Data distortion won't help Indian economy
The former RBI governor, who was at the heart of the Indian system, suggests an independent and impartial body to examine the data.
Eminent economist Raghuram Rajan has voiced doubts about whether the Indian economy is really growing at seven per cent. It's the jobs data, or lack of it, that is leading to such fears over GDP figures. Are there enough attributes to sustain belief in the figures as we have come to know them since the base year was changed to 2011-12? There's no arguing against the need to change base years as decades have passed since the standard was fixed for compiling economic data.
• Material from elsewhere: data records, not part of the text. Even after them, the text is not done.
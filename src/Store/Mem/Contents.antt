-- ===== src/Store/Mem/Contents.antt =====
-- On internal/store/mem.go: what `Append` stores and what `Recent` reads.
use the_500mb_club_challenge.Prelude.{
  map-reverse, ℕ, zero, suc, ◌-◌, ◌≡◌, refl, sym, ap, ◌∙◌, false, List, [], ◌∷◌, ◌++◌, map, Bytes,
  bytes_eq, bytes_eq_refl, ok, length, drop, drop-map, take_all, All, All-append, All-drop, arith,
}
use the_500mb_club_challenge.Model.Point.{Point}
use the_500mb_club_challenge.Store.Page.Resume.{Ascending}
use the_500mb_club_challenge.Store.Mem.{MemStore, append_points, append, decode_all, recent}
use the_500mb_club_challenge.Store.Mem.Invariant.{
  IsMember, IsStorable, HoldsMembers, encodings, append_points_lem, trim_lem,
}
use the_500mb_club_challenge.Store.Mem.Invariant
use the_500mb_club_challenge.Store.Mem.View.{point_of, fetch-map, map-Ascending}
use mathlib.Core.List.{Perm, reverse, reverse-reverse, reverse-cons}

-- On a valid state and for storable points, Append reports every point of the batch as accepted;
-- the device then holds the last cap members, in byte order, of a rearrangement of its old members
-- and the encodings of the batch; every other device holds what it held.
pub append_contents :
    (m : MemStore) (id : Bytes) (ps : List Point)
    → All IsStorable ps
    → Invariant.IsValid m
    → (all : List Bytes) × Perm all (encodings m.seq ps ++ m.dev id)
      × HoldsMembers all
      × ((append m id ps).0.dev id ≡ drop (length all - m.cap) all)
      × ((j : Bytes) → bytes_eq id j ≡ false → (append m id ps).0.dev j ≡ m.dev j)
      × ((append m id ps).1 ≡ ok (length ps))
unfolding append
append_contents m id ps hp v =
    let (holds, perm) = append_points_lem (m.dev id) m.seq ps hp (v.holds id) in
    (
      (append_points (m.dev id) m.seq ps).0,
      perm,
      holds,
      rw bytes_eq_refl (trim_lem m.cap (append_points (m.dev id) m.seq ps).0).0,
      λ j e. rw e,
      refl,
    )

pub All-reverse : (ms : List Bytes) → All IsMember ms → All IsMember (reverse ms)
All-reverse [] h = tt
All-reverse (m ∷ ms) (hm, h) =
    rw (reverse-cons m ms) (All-append _ (reverse ms) (m ∷ []) (All-reverse ms h) (hm, tt))

drop-Ascending : (n : ℕ) (ps : List Point) → Ascending ps → Ascending (drop n ps)
drop-Ascending zero ps a = a
drop-Ascending (suc n) [] a = a
drop-Ascending (suc n) (p ∷ ps) (_, a) = drop-Ascending n ps a

pub decode_all_lem : (ms : List Bytes) → All IsMember ms → decode_all ms ≡ ok (map point_of ms)
unfolding decode_all
decode_all_lem ms h =
    rw (decode_all, fetch-map ms (length ms) h, take_all (length ms) ms (omega arith))

-- On a device whose members are in order, Recent succeeds, its result reversed is the points of
-- the last n members in their order, and these are in order of timestamp.
pub recent_lem :
    (m : MemStore) (id : Bytes) (n : ℕ)
    → HoldsMembers (m.dev id)
    → (ps : List Point) × (recent m id n ≡ ok ps)
      × (reverse ps ≡ drop (length (m.dev id) - n) (map point_of (m.dev id)))
      × Ascending (reverse ps)
unfolding recent
recent_lem m id n h =
    let last : List Bytes = drop (length (m.dev id) - n) (m.dev id) in
    let back : reverse (map point_of (reverse last)) ≡ map point_of last =
      ap reverse (map-reverse point_of last) ∙ reverse-reverse (map point_of last) in
    let same : reverse (map point_of (reverse last))
        ≡ drop (length (m.dev id) - n) (map point_of (m.dev id)) =
      back ∙ sym (drop-map point_of (length (m.dev id) - n) (m.dev id)) in
    (
      map point_of (reverse last),
      decode_all_lem (reverse last) (All-reverse last (All-drop _ _ (m.dev id) h.members)),
      same,
      rw same (
          drop-Ascending _ (map point_of (m.dev id)) (map-Ascending (m.dev id) h.sorted h.members)),
    )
However, it's the ongoing election season that is to blame for the kind of distortions that were allowed to slip into the system, clouding the reality of GDP numbers as an index of growth, said to still be the world's fastest.
The former RBI governor, who was at the heart of the Indian system, suggests an independent and impartial body to examine the data. The system is blessed enough with organisations to compile and study data. What is required is honesty to be able to pinpoint why the signs over the economy are still negative as seen in jobs getting scarce, agrarian distress expanding, lack of growth in the large unorganised sector and the corporate sector by way of absence of fuller capacity utilisation and alarmingly shrinking exports. These factors add up to suggest that a propagandist growth rate isn't the same as what such growth should do for the economy, mainly by creating jobs. Whichever government comes to power after May 23 and whoever leads it, what is needed is total transparency in data, because without real data, policy planning becomes meaningless.
As many as 108 economists and social scientists wrote an open letter to warn about India's official data losing credibility while a group of chartered accountants pointed to buoyant income-tax collections as if to prove the obverse. Greater tax compliance is not to be taken as an index of jobs being created, whereas the hide and seek with the unemployment rate data is disrupting the presentation of the real picture. The point is India's data is and should be sacrosanct, and based on which much of the nation's economic rising might has also been recognised internationally. To tamper with that or to distort it for political purposes would prove counterproductive for the country even in the short term.
The new government's immediate task would be to open up the jobs and unemployment data and introspect over why we got here, and what can be done to generate jobs as at least 15 million people are aspiring to join the workforce every year. In the end, performance is to be judged by what India can do for its youth by way of jobs. Given our population, we have to be a labour intensive rather than automated country, and we have so much to do for our farmers and the poor.